> _Exercise prompt_
Print the lines in the listing below that fall between the line with "unfoldable pub c_decrypt_update" and the line with "pub data Call : Type 0 where", those two lines included, exactly as they stand and with nothing else.

★ ★ ★ ★

-- ===== src/Api/Encrypting.antt =====
-- C_EncryptInit, C_Encrypt, C_EncryptUpdate and C_EncryptFinal (pkcs11/src/api/encrypt.rs).
use nethsm_pkcs.Common.{
  ℕ, ◌+◌, ◌*◌, ◌/◌, Bool, true, false, Option, none, some, List, Result, ok, err, length, ltb,
  if◌then◌else◌,
}
use nethsm_pkcs.Constants
use nethsm_pkcs.Errors.{Error, error_rv}
use nethsm_pkcs.Service.{Service}
use nethsm_pkcs.Mechanism.Raw.{CkRawMechanism}
use nethsm_pkcs.Login.{Run, returns, ◌>>=◌}
use nethsm_pkcs.Encrypt.{encrypt_block_size}
use nethsm_pkcs.Session.{Session}
use nethsm_pkcs.Session.Encrypting.{
  encrypt_init, encrypt_get_theoretical_final_size, encrypt_update, encrypt_final, encrypt,
  encrypt_clear,
}
use nethsm_pkcs.Api.{Globals, Reply, just, sized, Handler, lock_session, with_mechanism}

-- After the text is encrypted: it is delivered whole, or it is lost. `size` is the length written
-- before, and `last` says whether a delivery ends the operation.
unfoldable pub deliver_encrypted : Bool → ℕ → ℕ → Result Error (List ℕ) → Session → Reply × Session
unfolding encrypt_clear
deliver_encrypted last buffer_len size (err e) s = (sized (error_rv e) size, encrypt_clear s)
deliver_encrypted last buffer_len size (ok text) s =
    if ltb buffer_len (length text)
    then (sized Constants.ckr_buffer_too_small (length text), s)
    else (
      record { rv = Constants.ckr_ok; written = some (length text); bytes = text },
      if last then encrypt_clear s else s,
    )

-- The size that C_EncryptUpdate asks for.
abbrev pub update_size : List ℕ → ℕ
update_size bytes = encrypt_block_size * (length bytes / encrypt_block_size + 1)

module _ {W : Type 0} (x : Service W) where
  produce_encrypted :
      (Session → W → Run (Result Error (List ℕ) × Session × W)) → Bool → ℕ → ℕ → Handler W
  unfolding deliver_encrypted
  produce_encrypted produce last buffer_len size s w = do
    (output, s', w') ← produce s w
    let (reply, s'') = deliver_encrypted last buffer_len size output s' in returns (reply, s'', w')

  -- What C_Encrypt and C_EncryptUpdate do once their pointers are there: the length is written, and
  -- the buffer is compared with it.
  encrypt_into :
      (Session → W → Run (Result Error (List ℕ) × Session × W)) → Bool → Bool → ℕ → ℕ → Handler W
  unfolding produce_encrypted
  encrypt_into produce last false buffer_len size s w = returns (sized Constants.ckr_ok size, s, w)
  encrypt_into produce last true buffer_len size s w =
      if ltb buffer_len size
      then returns (sized Constants.ckr_buffer_too_small size, s, w)
      else produce_encrypted produce last buffer_len size s w

  -- C_Encrypt.
  unfoldable pub encrypt_handler : Option (List ℕ) → Bool → Option ℕ → Handler W
  unfolding encrypt_into
  encrypt_handler none buffer len s w =
      returns (just Constants.ckr_arguments_bad, encrypt_clear s, w)
  encrypt_handler (some bytes) buffer none s w =
      returns (just Constants.ckr_arguments_bad, encrypt_clear s, w)
  encrypt_handler (some bytes) buffer (some len) s w =
      encrypt_into (encrypt x bytes) true buffer len (length bytes) s w

  -- C_EncryptUpdate.
  unfoldable pub encrypt_update_handler : Option (List ℕ) → Bool → Option ℕ → Handler W
  unfolding encrypt_into
  encrypt_update_handler none buffer len s w =
      returns (just Constants.ckr_arguments_bad, encrypt_clear s, w)
  encrypt_update_handler (some part) buffer none s w =
      returns (just Constants.ckr_arguments_bad, encrypt_clear s, w)
  encrypt_update_handler (some part) buffer (some len) s w =
      encrypt_into (encrypt_update x part) false buffer len (update_size part) s w

  -- `session.encrypt_final()` leaves the session.
  abbrev pub final_text : Session → W → Run (Result Error (List ℕ) × Session × W)
  final_text s w = do (output, w') ← encrypt_final x s w; returns (output, s, w')

  -- C_EncryptFinal. The length that is written first is that of a block, whatever is left.
  unfoldable pub encrypt_final_handler : Bool → Option ℕ → Handler W
  unfolding produce_encrypted
  encrypt_final_handler buffer none s w =
      returns (just Constants.ckr_arguments_bad, encrypt_clear s, w)
  encrypt_final_handler false (some len) s w =
      returns (sized Constants.ckr_ok encrypt_block_size, s, w)
  encrypt_final_handler true (some len) s w = elim (encrypt_get_theoretical_final_size s) [
    | err e ↦ returns (sized (error_rv e) encrypt_block_size, encrypt_clear s, w)
    | ok size ↦
        if ltb len size
        then returns (sized Constants.ckr_buffer_too_small encrypt_block_size, s, w)
        else produce_encrypted final_text true len encrypt_block_size s w
  ]

  unfoldable pub c_encrypt_init :
      ℕ → Option CkRawMechanism → ℕ → Globals → W → Run (Reply × Globals × W)
  unfolding with_mechanism
  c_encrypt_init hSession mechanism hKey g w =
      with_mechanism (λ mech s. encrypt_init mech hKey (g.dbs s.db) s) hSession mechanism g w

  unfoldable pub c_encrypt :
      ℕ → Option (List ℕ) → Bool → Option ℕ → Globals → W → Run (Reply × Globals × W)
  unfolding lock_session encrypt_handler
  c_encrypt hSession bytes buffer len g w =
      lock_session hSession (encrypt_handler bytes buffer len) g w

  unfoldable pub c_encrypt_update :
      ℕ → Option (List ℕ) → Bool → Option ℕ → Globals → W → Run (Reply × Globals × W)
  unfolding lock_session encrypt_update_handler
  c_encrypt_update hSession part buffer len g w =
      lock_session hSession (encrypt_update_handler part buffer len) g w

  unfoldable pub c_encrypt_final : ℕ → Bool → Option ℕ → Globals → W → Run (Reply × Globals × W)
  unfolding lock_session encrypt_final_handler
  c_encrypt_final hSession buffer len g w =
      lock_session hSession (encrypt_final_handler buffer len) g w
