-- ===== src/Session/Decrypting.antt =====
-- The decryption of a session (backend/session.rs).
use nethsm_pkcs.Common.{ℕ, none, some, List, Result, ok, err, length}
use nethsm_pkcs.Errors.{Error, operation_not_initialized, operation_active}
use nethsm_pkcs.Service.{Service}
use nethsm_pkcs.Mechanism.{Mechanism}
use nethsm_pkcs.Login.{Run, returns, ◌>>=◌}
use nethsm_pkcs.Db.{Db, Object}
use nethsm_pkcs.Decrypt
use nethsm_pkcs.Decrypt.{DecryptCtx}
use nethsm_pkcs.Session.{Session, key_of}

-- The context of a new operation, or the error that keeps the session as it is.
started : Result Error DecryptCtx → Session → Result Error (Unit {0}) × Session
started (ok c) s = (ok tt, record s { decrypt_ctx = some c })
started (err e) s = (err e, s)

init_with : Mechanism → Result Error Object → Session → Result Error (Unit {0}) × Session
unfolding started
init_with mechanism (err e) s = (err e, s)
init_with mechanism (ok key) s = started (Decrypt.init mechanism key s.login_ctx) s

unfoldable pub decrypt_init : Mechanism → ℕ → Db → Session → Result Error (Unit {0}) × Session
unfolding init_with key_of
decrypt_init mechanism key_handle db s = elim s.decrypt_ctx [
  | some c ↦ (err operation_active, s)
  | none ↦ init_with mechanism (key_of db key_handle) s
]

unfoldable pub decrypt_update : List ℕ → Session → Result Error (Unit {0}) × Session
decrypt_update bytes s = elim s.decrypt_ctx [
  | none ↦ (err operation_not_initialized, s)
  | some c ↦ (ok tt, record s { decrypt_ctx = some (Decrypt.update bytes c) })
]

unfoldable pub decrypt_theoretical_size : ℕ → ℕ
decrypt_theoretical_size input_size = input_size

unfoldable pub decrypt_theoretical_final_size : Session → Result Error ℕ
decrypt_theoretical_final_size s = elim s.decrypt_ctx [
  | none ↦ err operation_not_initialized
  | some c ↦ ok (length c.buffer)
]

unfoldable pub decrypt_clear : Session → Session
decrypt_clear s = record s { decrypt_ctx = none }

module _ {W : Type 0} (x : Service W) where
  unfoldable pub decrypt_final : Session → W → Run (Result Error (List ℕ) × Session × W)
  decrypt_final s w = elim s.decrypt_ctx [
    | none ↦ returns (err operation_not_initialized, s, w)
    | some c ↦ do
      (output, c', w') ← Decrypt.decrypt_final x c w
      returns (output, record s { decrypt_ctx = some c' }, w')
  ]

  final_after : Result Error (Unit {0}) × Session → W → Run (Result Error (List ℕ) × Session × W)
  unfolding decrypt_final
  final_after (err e, s) w = returns (err e, s, w)
  final_after (ok done, s) w = decrypt_final s w

  unfoldable pub decrypt : List ℕ → Session → W → Run (Result Error (List ℕ) × Session × W)
  unfolding final_after decrypt_update decrypt_final
  decrypt bytes s w = final_after (decrypt_update bytes s) w
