-- ===== src/Api/Decrypting.antt =====
-- C_DecryptInit, C_Decrypt, C_DecryptUpdate and C_DecryptFinal (pkcs11/src/api/decrypt.rs).
use nethsm_pkcs.Common.{
  ℕ, Bool, true, false, Option, none, some, List, Result, ok, err, length, ltb, if◌then◌else◌,
}
use nethsm_pkcs.Constants
use nethsm_pkcs.Errors.{Error, error_rv}
use nethsm_pkcs.Service.{Service}
use nethsm_pkcs.Mechanism.Raw.{CkRawMechanism}
use nethsm_pkcs.Login.{Run, returns, ◌>>=◌}
use nethsm_pkcs.Session.{Session}
use nethsm_pkcs.Session.Decrypting.{
  decrypt_init, decrypt_theoretical_size, decrypt_theoretical_final_size, decrypt_update,
  decrypt_final, decrypt, decrypt_clear,
}
use nethsm_pkcs.Api.{Globals, Reply, just, sized, Handler, lock_session, with_mechanism}

-- After the text is decrypted: it is delivered whole, or it is lost and the operation stays.
unfoldable pub deliver_decrypted : ℕ → ℕ → Result Error (List ℕ) → Session → Reply × Session
unfolding decrypt_clear
deliver_decrypted buffer_size size (err e) s = (sized (error_rv e) size, decrypt_clear s)
deliver_decrypted buffer_size size (ok text) s =
    if ltb buffer_size (length text)
    then (sized Constants.ckr_buffer_too_small (length text), s)
    else (
      record { rv = Constants.ckr_ok; written = some (length text); bytes = text },
      decrypt_clear s,
    )

-- C_DecryptUpdate. Its output buffer is not used.
unfoldable pub decrypt_update_handler : {W : Type 0} → Option (List ℕ) → Option ℕ → Handler W
unfolding decrypt_clear
decrypt_update_handler part none s w =
    returns (just Constants.ckr_arguments_bad, decrypt_clear s, w)
decrypt_update_handler none (some len) s w =
    returns (just Constants.ckr_arguments_bad, decrypt_clear s, w)
decrypt_update_handler (some part) (some len) s w =
    let (result, s') = decrypt_update part s in
    elim result [
      | ok done ↦ returns (sized Constants.ckr_ok 0, s', w)
      | err e ↦ returns (sized (error_rv e) 0, decrypt_clear s', w)
    ]

module _ {W : Type 0} (x : Service W) where
  -- What C_Decrypt and C_DecryptFinal do with the size that they ask for.
  decrypt_into :
      (Session → W → Run (Result Error (List ℕ) × Session × W)) → Bool → ℕ → ℕ → Handler W
  unfolding deliver_decrypted
  decrypt_into produce false buffer_size size s w = returns (sized Constants.ckr_ok size, s, w)
  decrypt_into produce true buffer_size size s w =
      if ltb buffer_size size then returns (sized Constants.ckr_buffer_too_small size, s, w) else do
        (output, s', w') ← produce s w
        let (reply, s'') = deliver_decrypted buffer_size size output s' in returns (reply, s'', w')

  -- C_Decrypt.
  unfoldable pub decrypt_handler : Option (List ℕ) → Bool → Option ℕ → Handler W
  unfolding decrypt_into decrypt_theoretical_size
  decrypt_handler bytes buffer none s w =
      returns (just Constants.ckr_arguments_bad, decrypt_clear s, w)
  decrypt_handler none buffer (some len) s w =
      returns (just Constants.ckr_arguments_bad, decrypt_clear s, w)
  decrypt_handler (some bytes) buffer (some len) s w =
      decrypt_into (decrypt x bytes) buffer len (decrypt_theoretical_size (length bytes)) s w

  -- C_DecryptFinal.
  unfoldable pub decrypt_final_handler : Bool → Option ℕ → Handler W
  unfolding decrypt_into
  decrypt_final_handler buffer none s w =
      returns (just Constants.ckr_arguments_bad, decrypt_clear s, w)
  decrypt_final_handler buffer (some len) s w = elim (decrypt_theoretical_final_size s) [
    | err e ↦ returns (just (error_rv e), decrypt_clear s, w)
    | ok size ↦ decrypt_into (decrypt_final x) buffer len size s w
  ]

  unfoldable pub c_decrypt_init :
      ℕ → Option CkRawMechanism → ℕ → Globals → W → Run (Reply × Globals × W)
  unfolding with_mechanism
  c_decrypt_init hSession mechanism hKey g w =
      with_mechanism (λ mech s. decrypt_init mech hKey (g.dbs s.db) s) hSession mechanism g w

  unfoldable pub c_decrypt :
      ℕ → Option (List ℕ) → Bool → Option ℕ → Globals → W → Run (Reply × Globals × W)
  unfolding lock_session decrypt_handler
  c_decrypt hSession bytes buffer len g w =
      lock_session hSession (decrypt_handler bytes buffer len) g w

  unfoldable pub c_decrypt_update :
      ℕ → Option (List ℕ) → Option ℕ → Globals → W → Run (Reply × Globals × W)
  unfolding lock_session decrypt_update_handler
  c_decrypt_update hSession part len g w =
      lock_session hSession (decrypt_update_handler part len) g w

  unfoldable pub c_decrypt_final : ℕ → Bool → Option ℕ → Globals → W → Run (Reply × Globals × W)
  unfolding lock_session decrypt_final_handler
  c_decrypt_final hSession buffer len g w =
      lock_session hSession (decrypt_final_handler buffer len) g w
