-- ===== src/Api/Calls.antt =====
-- The functions that write to an output buffer, as one type of calls: C_Sign, C_SignFinal, C_Encrypt,
-- C_EncryptUpdate, C_EncryptFinal, C_Decrypt and C_DecryptFinal (pkcs11/src/api).
use nethsm_pkcs.Common.{ℕ, Bool, Option, List}
use nethsm_pkcs.Service.{Service}
use nethsm_pkcs.Api.{Handler}
use nethsm_pkcs.Api.Signing.{sign_handler, sign_final_handler}
use nethsm_pkcs.Api.Encrypting.{encrypt_handler, encrypt_update_handler, encrypt_final_handler}
use nethsm_pkcs.Api.Decrypting.{decrypt_handler, decrypt_final_handler}

-- A call with the bytes that its input pointer leads to.
pub data Call : Type 0 where
  signs encrypts updates_encryption decrypts : Option (List ℕ) → Call
  finishes_signature finishes_encryption finishes_decryption : Call

-- `buffer` says whether there is an output buffer, and `len` is what its length pointer leads to.
unfoldable pub serve : {W : Type 0} → Service W → Call → Bool → Option ℕ → Handler W
unfolding sign_handler sign_final_handler encrypt_handler encrypt_update_handler
    encrypt_final_handler decrypt_handler decrypt_final_handler
serve x (signs bytes) buffer len = sign_handler x bytes buffer len
serve x (encrypts bytes) buffer len = encrypt_handler x bytes buffer len
serve x (updates_encryption part) buffer len = encrypt_update_handler x part buffer len
serve x (decrypts bytes) buffer len = decrypt_handler x bytes buffer len
serve x finishes_signature buffer len = sign_final_handler x buffer len
serve x finishes_encryption buffer len = encrypt_final_handler x buffer len
serve x finishes_decryption buffer len = decrypt_final_handler x buffer len
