-- ===== src/Api/Buffers.antt =====
-- Output buffers: what the functions of api/sign.rs, api/encrypt.rs and api/decrypt.rs write to them.
use nethsm_pkcs.Common.{ℕ, ◌≤◌, ◌≡◌, ◌⊎◌, Bool, true, Option, some, [], length, arith}
use nethsm_pkcs.Constants
use nethsm_pkcs.Service.{Service}
use nethsm_pkcs.Login.{returns}
use nethsm_pkcs.Session.{Session}
use nethsm_pkcs.Api.{Reply}
use nethsm_pkcs.Api.Calls.{
  Call, signs, encrypts, updates_encryption, decrypts, finishes_signature, finishes_encryption,
  finishes_decryption, serve,
}

-- Nothing is copied, or there is a buffer, the bytes fit into the length that the caller gave, the
-- length written is theirs, and the call succeeds.
abbrev pub Fits : Bool → Option ℕ → Reply → Type 0
Fits buffer len reply =
    (reply.bytes ≡ [])
    ⊎ ((n : ℕ) × (len ≡ some n)
        × (buffer ≡ true)
        × (length reply.bytes ≤ n)
        × (reply.written ≡ some (length reply.bytes))
        × (reply.rv ≡ Constants.ckr_ok))

module _ {W : Type 0} (x : Service W) where
  -- No call writes beyond its output buffer, whatever the NetHSM answers: either it copies
  -- nothing, or there is a buffer, the bytes that it copies fit into the length that the caller
  -- gave, the length that it writes is theirs, and it returns CKR_OK.
  pub serve-Fits :
      (call : Call) (buffer : Bool) (len : Option ℕ) (s s' : Session) (w w' : W) (reply : Reply)
      → serve x call buffer len s w ≡ returns (reply, s', w')
      → Fits buffer len reply
  unfolding serve
  serve-Fits (signs bytes) buffer len s s' w w' reply h = ground arith
  serve-Fits (encrypts bytes) buffer len s s' w w' reply h = ground arith
  serve-Fits (updates_encryption bytes) buffer len s s' w w' reply h = ground arith
  serve-Fits (decrypts bytes) buffer len s s' w w' reply h = ground arith
  serve-Fits finishes_signature buffer len s s' w w' reply h = ground arith
  serve-Fits finishes_encryption buffer len s s' w w' reply h = ground arith
  serve-Fits finishes_decryption buffer len s s' w w' reply h = ground arith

★ ★ ★ ★

> _Solution for this exercise_
  unfoldable pub c_decrypt_update :
      ℕ → Option (List ℕ) → Option ℕ → Globals → W → Run (Reply × Globals × W)
  unfolding lock_session decrypt_update_handler
  c_decrypt_update hSession part len g w =
      lock_session hSession (decrypt_update_handler part len) g w

  unfoldable pub c_decrypt_final : ℕ → Bool → Option ℕ → Globals → W → Run (Reply × Globals × W)
  unfolding lock_session decrypt_final_handler
  c_decrypt_final hSession buffer len g w =
      lock_session hSession (decrypt_final_handler buffer len) g w
-- ===== src/Api/Calls.antt =====
-- The functions that write to an output buffer, as one type of calls: C_Sign, C_SignFinal, C_Encrypt,
-- C_EncryptUpdate, C_EncryptFinal, C_Decrypt and C_DecryptFinal (pkcs11/src/api).
use nethsm_pkcs.Common.{ℕ, Bool, Option, List}
use nethsm_pkcs.Service.{Service}
use nethsm_pkcs.Api.{Handler}
use nethsm_pkcs.Api.Signing.{sign_handler, sign_final_handler}
use nethsm_pkcs.Api.Encrypting.{encrypt_handler, encrypt_update_handler, encrypt_final_handler}
use nethsm_pkcs.Api.Decrypting.{decrypt_handler, decrypt_final_handler}

-- A call with the bytes that its input pointer leads to.
pub data Call : Type 0 where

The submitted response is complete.